Je retrouve Ed à la Maroquinerie un peu avant, on prend un verre dans la petite cour désertée, attablés à une table humide. Il n’en revient toujours pas que je ne connaisse pas OMD ; après Enola Gay il me conseille Electricity. Agréable surprise, nous sommes rejoints par AC&P et Pheel.

En bas, l’atmosphère suinte le Black XS de Paco Rabane, sponsor du festival. D’après Pheel, très en forme, « En fait ça sent comme le désodorisant de voiture ! » AC&P n’est pas en reste : « Est-ce que tu es homosexuel ? » demande-t-il à Ed, qui, comme la décence l’exige, refuse de répondre à pareil outrage.

Une jeune fille écrit le nom du groupe au stylo bleu sur une pancarte blanche, dessine des étoiles à six branches. Digitalism : trois jeunes Allemands, des machines, une guitare. Leur électro n’est pas désagréable, sans être marquante. Il manque un je-ne-sais-quoi pour fixer mon attention. Une batterie ? Moins de machines et plus d’instruments ? Plus de mouvement, plus de ferveur ? Leur prestation s’achève sur une version bis d’un morceau qu’ils venaient de jouer. Je n’arrive pas à faire le lien. Que de distraction.

Par contre, The Infadels parviennent à m’attraper sans problème. Drôle de mélange que leur joyeux bordel tout feu tout flamme, volontiers saturé, qui me rappelle par moments ce que peut donner The Faint sur scène, en plus rock. Claviers, basse, batterie, tout tient la route. Dans ses interactions avec le public, le chanteur flirte avec le ridicule en se gardant bien de franchir la ligne rouge. Il aura montré sa langue sous toutes ses coutures, éperdument cherché les hurlements du public (qui viendront timidement), ponctué ses interventions de tant de « fucking » que je reste dubitatif quant à la qualité de sa vie sexuelle. Mais rien de grave, le groupe se donne, et réserve quelques jolies surprises sous forme d’accalmies aériennes au milieu de leur débauche d’énergie. Agréable découverte que ces Infadels.

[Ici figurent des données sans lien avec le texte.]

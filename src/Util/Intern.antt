-- ===== src/Util/Intern.antt =====
-- The intern table of src/util/util.c: an open-addressing table of strings (`slots`) beside the
-- strings in order of arrival (`index`). `cap` is the length of `slots`, and `len` that of `index`.
-- A slot whose `ptr` is NULL is `none`. `calloc` and `realloc` are taken to succeed; the arena's
-- fixed capacity is modelled, and running out of it is an interning failure (symbol 0). To store a string
-- the source copies the byte behind it as well, and puts a NUL in its place; here that byte is taken
-- to be readable.
pub mod Probing
pub mod Rehash
pub mod Invariant
pub mod Ids
use Prim.Native.Nat.{bit_xor}
use morphl.Prelude.{
  ℕ, zero, suc, ◌+◌, ◌*◌, ◌%◌, ◌^◌, Bool, List, [], ◌∷◌, ◌++◌, Option, none, some, length,
  get_elem?, set, replicate, Bytes, bytes_eq, leb, ◌==◌, if◌then◌else◌, Outcome, ok, fault, ◌>>=◌,
}
use morphl.Util.Arena.{Arena, arena_init, arena_push}

pub record InternTable : Type 0 where
  pub slots : List (Option Bytes)
  pub arena : Arena
  pub index : List Bytes

-- `hash_str`, with the constants of the source.
hash_onto : ℕ → Bytes → ℕ
hash_onto h [] = h
hash_onto h (c ∷ cs) = hash_onto (bit_xor h c * 1099511628211 % 2 ^ 64) cs

pub hash_str : Bytes → ℕ
hash_str = hash_onto 1469598103934665603

-- `h & (cap - 1)`; the capacity is a power of two.
abbrev pub bucket : ℕ → ℕ → ℕ
bucket h cap = h % cap

-- The loop of `intern_table_grow` that looks for a free slot. `cap` rounds visit every slot.
pub free_slot : ℕ → List (Option Bytes) → ℕ → Outcome ℕ
free_slot zero slots idx = fault
free_slot (suc fuel) slots idx = elim (get_elem? slots idx) [
  | none ↦ fault
  | some none ↦ ok idx
  | some (some _) ↦ free_slot fuel slots ((idx + 1) % length slots)
]

-- The loop of `intern_table_grow` over the old slots.
pub rehash : List (Option Bytes) → List (Option Bytes) → Outcome (List (Option Bytes))
rehash [] fresh = ok fresh
rehash (none ∷ old) fresh = rehash old fresh
rehash (some s ∷ old) fresh =
    free_slot (length fresh) fresh (bucket (hash_str s) (length fresh)) >>= λ idx.
    rehash old (set fresh idx (some s))

abbrev pub grown_cap : ℕ → ℕ
grown_cap cap = if cap == 0 then 64 else cap * 2

unfoldable pub intern_table_grow : InternTable → Outcome InternTable
unfolding rehash free_slot
intern_table_grow t = do
  slots ← rehash t.slots (replicate (grown_cap (length t.slots)) none)
  ok (record t { slots = slots })

unfoldable pub interns_new : Outcome InternTable
unfolding intern_table_grow arena_init
interns_new = intern_table_grow (record { slots = []; arena = arena_init 65536; index = [] })

-- The two ways out of the probing loop of `interns_intern`.
pub data Probe : Type 0 where
  vacant : ℕ → Probe
  found : ℕ → Probe

pub probe : ℕ → List (Option Bytes) → Bytes → ℕ → Outcome Probe
probe zero slots s idx = fault
probe (suc fuel) slots s idx = elim (get_elem? slots idx) [
  | none ↦ fault
  | some none ↦ ok (vacant idx)
  | some (some held) ↦
      let next = probe fuel slots s ((idx + 1) % length slots) in
      if bytes_eq held s then ok (found idx) else next
]

-- A symbol has 32 bits.
abbrev pub sym_of : ℕ → ℕ
sym_of id = id % 2 ^ 32

-- The scan of `index` for the stable id; 0 when it is not there.
pub stable_id : List Bytes → ℕ → Bytes → ℕ
stable_id [] i s = 0
stable_id (x ∷ xs) i s = if bytes_eq x s then sym_of (i + 1) else stable_id xs (i + 1) s

-- What `interns_intern` does at the slot where the probing loop ends.
pub settle : InternTable → Bytes → Probe → ℕ × InternTable
settle t s (vacant idx) = elim (arena_push t.arena (length s + 1)) [
  | none ↦ (0, t)
  | some (_, arena) ↦ (
    sym_of (length t.index + 1),
    record { slots = set t.slots idx (some s); arena = arena; index = t.index ++ (s ∷ []) },
  )
]
settle t s (found idx) = elim (get_elem? t.slots idx) [
  | some (some held) ↦ (stable_id t.index 0 held, t)
  | _ ↦ (0, t)
]

abbrev pub needs_growth : InternTable → Bool
needs_growth t = leb (length t.slots) (length t.index * 2)

pub intern_text : InternTable → Bytes → Outcome (ℕ × InternTable)
intern_text t s = do
  room ← (if needs_growth t then intern_table_grow t else ok t)
  end ← probe (length room.slots) room.slots s (bucket (hash_str s) (length room.slots))
  ok (settle room s end)

unfoldable pub interns_intern : InternTable → Option Bytes → Outcome (ℕ × InternTable)
unfolding intern_text intern_table_grow probe settle stable_id hash_str hash_onto
interns_intern t none = ok (0, t)
interns_intern t (some s) = intern_text t s

-- `sym - 1` is in range exactly if `index` has it.
unfoldable pub interns_lookup : InternTable → ℕ → Option Bytes
interns_lookup t zero = none
interns_lookup t (suc id) = get_elem? t.index id
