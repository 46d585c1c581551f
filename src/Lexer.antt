-- ===== src/Lexer.antt =====
-- src/lexer/lexer.c: the tokenizer. The part of the source that is not read yet stands for the
-- offset. `isalpha`, `isalnum` and `isdigit` are those of the C locale. The file name of a token goes
-- to diagnostics only and is left out. Growing the token array is taken to succeed.
pub mod Position
pub mod Rounds
pub mod Spelling
pub mod Tokenize
use morphl.Prelude.{
  ℕ, zero, suc, ◌+◌, ◌-◌, ◌^◌, Bool, false, ◌&&◌, ◌||◌, List, [], ◌∷◌, ◌++◌, Option, none, some,
  length, Bytes, codes, leb, ◌==◌, if◌then◌else◌, Outcome, ok, failed, fault, ◌>>=◌,
}
use morphl.Util.{Str}
use morphl.Util.Intern.{InternTable, interns_intern}

pub record Token : Type 0 where
  pub kind : ℕ
  pub lexeme : Str
  pub row : ℕ
  pub col : ℕ

-- The interned token kinds.
pub record Kinds : Type 0 where
  pub ident : ℕ
  pub number : ℕ
  pub number_float : ℕ
  pub string : ℕ
  pub symbol : ℕ
  pub eof : ℕ

unfoldable pub intern_kinds : InternTable → Outcome (Kinds × InternTable)
intern_kinds t = do
  ident ← interns_intern t (some (codes "IDENT"))
  number ← interns_intern ident.1 (some (codes "NUMBER"))
  number_float ← interns_intern number.1 (some (codes "FLOAT"))
  string ← interns_intern number_float.1 (some (codes "STRING"))
  symbol ← interns_intern string.1 (some (codes "SYMBOL"))
  eof ← interns_intern symbol.1 (some (codes "EOF"))
  if ident.0 == 0
        || number.0 == 0
        || number_float.0 == 0
        || string.0 == 0
        || symbol.0 == 0
        || eof.0 == 0
      then failed
      else ok (
        record {
          ident = ident.0;
          number = number.0;
          number_float = number_float.0;
          string = string.0;
          symbol = symbol.0;
          eof = eof.0;
        },
        eof.1,
      )

abbrev pub in_range : ℕ → ℕ → ℕ → Bool
in_range low high c = leb low c && leb c high

abbrev pub is_digit : ℕ → Bool
is_digit c = in_range 48 57 c

abbrev pub is_alpha : ℕ → Bool
is_alpha c = in_range 65 90 c || in_range 97 122 c

-- `isalpha(c) || c == '_'`.
abbrev pub starts_word : ℕ → Bool
starts_word c = is_alpha c || c == 95

-- `isalnum(c) || c == '_'`.
abbrev pub continues_word : ℕ → Bool
continues_word c = is_alpha c || is_digit c || c == 95

abbrev pub is_newline : ℕ → Bool
is_newline c = c == 10

-- A space, a tab or a carriage return.
abbrev pub is_space : ℕ → Bool
is_space c = c == 32 || c == 9 || c == 13

-- The loops that run over characters of a class: what they pass, and what is left.
unfoldable pub span : (ℕ → Bool) → Bytes → Bytes × Bytes
span p [] = ([], [])
span p (c ∷ cs) = let (run, rest) = span p cs in if p c then (c ∷ run, rest) else ([], c ∷ cs)

-- What is left to read, and the position of its first character.
pub record Place : Type 0 where
  pub rest : Bytes
  pub row : ℕ
  pub col : ℕ

-- `a - b` in a `size_t`.
abbrev pub sub_size : ℕ → ℕ → ℕ
sub_size a b = if leb b a then a - b else a + 2 ^ 64 - b

-- One round of the loop of `lexer_tokenize`: a skipped character, a token, or the end at a string
-- that is not closed.
pub data Round : Type 0 where
  skipped : Place → Round
  lexed : Token → Place → Round
  unterminated : Round

-- A token, made when the position has moved past it.
abbrev pub make_token : ℕ → Bytes → Place → Round
make_token kind s after =
    lexed
      (record {
        kind = kind;
        lexeme = some s;
        row = after.row;
        col = sub_size after.col (length s);
      })
      after

-- A token within its line.
abbrev pub line_token : ℕ → Bytes → Bytes → ℕ → ℕ → Round
line_token kind s rest row col =
    make_token kind s (record { rest = rest; row = row; col = col + length s })

-- Whether a `.` with a digit behind it follows.
abbrev pub has_fraction : Bytes → Bool
has_fraction (dot ∷ d ∷ cs) = dot == 46 && is_digit d
has_fraction _ = false

abbrev pub behind_dot : Bytes → Bytes
behind_dot [] = []
behind_dot (dot ∷ cs) = cs

unfoldable pub lex_number : Kinds → Bytes → ℕ → ℕ → Round
lex_number k bs row col =
    let (whole, rest) = span is_digit bs in
    let (fraction, rest') = span is_digit (behind_dot rest) in
    if has_fraction rest
    then line_token k.number_float (whole ++ (46 ∷ fraction)) rest' row col
    else line_token k.number whole rest row col

-- The loop of a string literal, behind its opening quote: the characters up to the closing quote,
-- and the place of that quote.
unfoldable pub string_body : Bytes → ℕ → ℕ → Option (Bytes × Place)
string_body [] row col = none
string_body (c ∷ cs) row col =
    let more =
      string_body cs (if is_newline c then row + 1 else row)
        (if is_newline c then 1 else col + 1) in
    if c == 34
    then some ([], record { rest = cs; row = row; col = col })
    else elim more [ none ↦ none | some (body, place) ↦ some (c ∷ body, place) ]

unfoldable pub lex_string : Kinds → Bytes → ℕ → ℕ → Round
lex_string k cs row col = elim (string_body cs row (col + 1)) [
  | none ↦ unterminated
  | some (body, place) ↦
      make_token k.string (34 ∷ (body ++ (34 ∷ []))) (record place { col = place.col + 1 })
]

-- `$` with the start of a word behind it.
abbrev pub is_dollar_word : ℕ → Bytes → Bool
is_dollar_word c [] = false
is_dollar_word c (next ∷ cs) = c == 36 && starts_word next

unfoldable pub lex_one : Kinds → ℕ → Bytes → ℕ → ℕ → Round
lex_one k c cs row col =
    let (name, behind) = span continues_word cs in
    let (word, rest) = span continues_word (c ∷ cs) in
    if is_newline c
    then skipped (record { rest = cs; row = row + 1; col = 1 })
    else if is_space c
    then skipped (record { rest = cs; row = row; col = col + 1 })
    else if is_dollar_word c cs
    then line_token k.ident (c ∷ name) behind row col
    else if starts_word c
    then line_token k.ident word rest row col
    else if is_digit c
    then lex_number k (c ∷ cs) row col
    else if c == 34
    then lex_string k cs row col
    else line_token k.symbol (c ∷ []) cs row col

-- The loop of `lexer_tokenize`; every round reads a character.
unfoldable pub scan : ℕ → Kinds → Bytes → ℕ → ℕ → Outcome (List Token)
scan zero k bs row col = fault
scan (suc fuel) k [] row col =
    ok (record { kind = k.eof; lexeme = none; row = row; col = col } ∷ [])
scan (suc fuel) k (c ∷ cs) row col = elim (lex_one k c cs row col) [
  | skipped p ↦ scan fuel k p.rest p.row p.col
  | lexed t p ↦ scan fuel k p.rest p.row p.col >>= λ ts. ok (t ∷ ts)
  | unterminated ↦ failed
]

unfoldable pub lexer_tokenize : Bytes → InternTable → Outcome (List Token × InternTable)
lexer_tokenize source interns = do
  kinds ← intern_kinds interns
  tokens ← scan (length source + 1) kinds.0 source 1 1
  ok (tokens, kinds.1)
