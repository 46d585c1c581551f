-- ===== src/Lexer/Position.antt =====
-- Positions in a source text, and the runs and words of src/lexer/lexer.c within a line.
use morphl.Prelude.{
  ℕ, ◌+◌, ◌≡◌, refl, ap, ◌∙◌, inl, inr, Bool, true, false, ◌||◌, [], ◌∷◌, ◌++◌, length, Bytes,
  if◌then◌else◌, Bool-cases, arith,
}
use morphl.Lexer.{is_digit, continues_word, is_newline, span, sub_size}

-- The position behind a text that starts at this row and column.
abbrev pub place_after : Bytes → ℕ → ℕ → ℕ × ℕ
place_after [] row col = (row, col)
place_after (c ∷ cs) row col =
    place_after cs (if is_newline c then row + 1 else row) (if is_newline c then 1 else col + 1)

abbrev pub has_newline : Bytes → Bool
has_newline [] = false
has_newline (c ∷ cs) = is_newline c || has_newline cs

pub place_after-line :
    (s : Bytes) (row col : ℕ)
    → has_newline s ≡ false
    → place_after s row col ≡ (row, col + length s)
place_after-line [] row col h = ap (λ x. (row, x)) (omega arith)
place_after-line (c ∷ cs) row col h = elim (Bool-cases (is_newline c)) [
  | inl newline ↦ cc (rw newline at h)
  | inr other ↦
      let rest = place_after-line cs row (col + 1) (rw other at h) in
      rw other (rest ∙ ap (λ x. (row, x)) (omega arith))
]

pub place_after-append :
    (s r : Bytes) (row col : ℕ)
    → place_after (s ++ r) row col
      ≡ place_after r (place_after s row col).0 (place_after s row col).1
place_after-append [] r row col = refl
place_after-append (c ∷ cs) r row col = place_after-append cs r _ _

pub has_newline-append :
    (s r : Bytes) → has_newline s ≡ false → has_newline r ≡ false → has_newline (s ++ r) ≡ false
has_newline-append [] r h h' = h'
has_newline-append (c ∷ cs) r h h' = elim (Bool-cases (is_newline c)) [
  | inl newline ↦ cc (rw newline at h)
  | inr other ↦ rw other (has_newline-append cs r (rw other at h) h')
]

pub span-splits : (p : ℕ → Bool) (bs : Bytes) → (span p bs).0 ++ (span p bs).1 ≡ bs
unfolding span
span-splits p [] = refl
span-splits p (c ∷ cs) = elim (Bool-cases (p c)) [
  | inl in_run ↦ rw in_run (ap (◌∷◌ c) (span-splits p cs))
  | inr out ↦ rw out refl
]

pub span-within :
    (p : ℕ → Bool) (bs : Bytes)
    → ((c : ℕ) → p c ≡ true → is_newline c ≡ false)
    → has_newline (span p bs).0 ≡ false
unfolding span
span-within p [] stays = refl
span-within p (c ∷ cs) stays = elim (Bool-cases (p c)) [
  | inl in_run ↦ rw in_run (rw (stays c in_run) (span-within p cs stays))
  | inr out ↦ rw out refl
]

pub word_stays : (c : ℕ) → continues_word c ≡ true → is_newline c ≡ false
word_stays c h = ground (arith, h)

pub digit_stays : (c : ℕ) → is_digit c ≡ true → is_newline c ≡ false
digit_stays c h = ground (arith, h)

pub sub_size-add : (a b : ℕ) → sub_size (a + b) b ≡ a
sub_size-add a b = ground arith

Vient le tour des Black Strobe, Ivan Smagghe et Arnaud Rebotini, accompagnés de Siskid et d’un jeune (et joli) batteur. Que de sérieux et de suffisance pour une prestation ô combien douteuse… Siskid semble se faire chier devant son clavier, il clope pendant les pauses en attendant que ça se passe, il gratte sa guitare d’un air mécanique et absent. Rebotini, sorte de colosse brutal et maladroit au look improbable mais indubitablement patibulaire, s’évertue à beugler tout ce qu’il peut. Il tente d’arracher le micro à son trépied telle la rock-star qu’il ne sera jamais, le fil s’emmêle, tout manque de s’effondrer. Quant à lui, Smagghe reste introuvable… Planqué en coulisses, derrière une machine ? Le show sonne faux, les aboiements de Rebotini comme la comédie scénique qu’on tente de nous jouer. Je respire un peu pendant les pistes instrumentales où je retrouve le plaisir martial des martèlements de leur musique. Mais les Black Strobe manquent de variété dans leur noirceur. Sur la longueur, cela devient lassant et je sombre dans l’indifférence. Surnageant de la litanie, le frêle batteur se démène, forcené, bouche bée, le regard halluciné. Ainsi réduit en esclavage par deux electro-sadiques, on lui prête les pires souffrances dans ce marathon de percussions, course ininterrompue vers la fin du concert qui tarde à venir. Il relève le défi sans broncher, impeccable. Respect. Reste tout de même une grosse déception ; les Black Strobe ne semblent pas fait pour le live. Je retourne à mes mp3.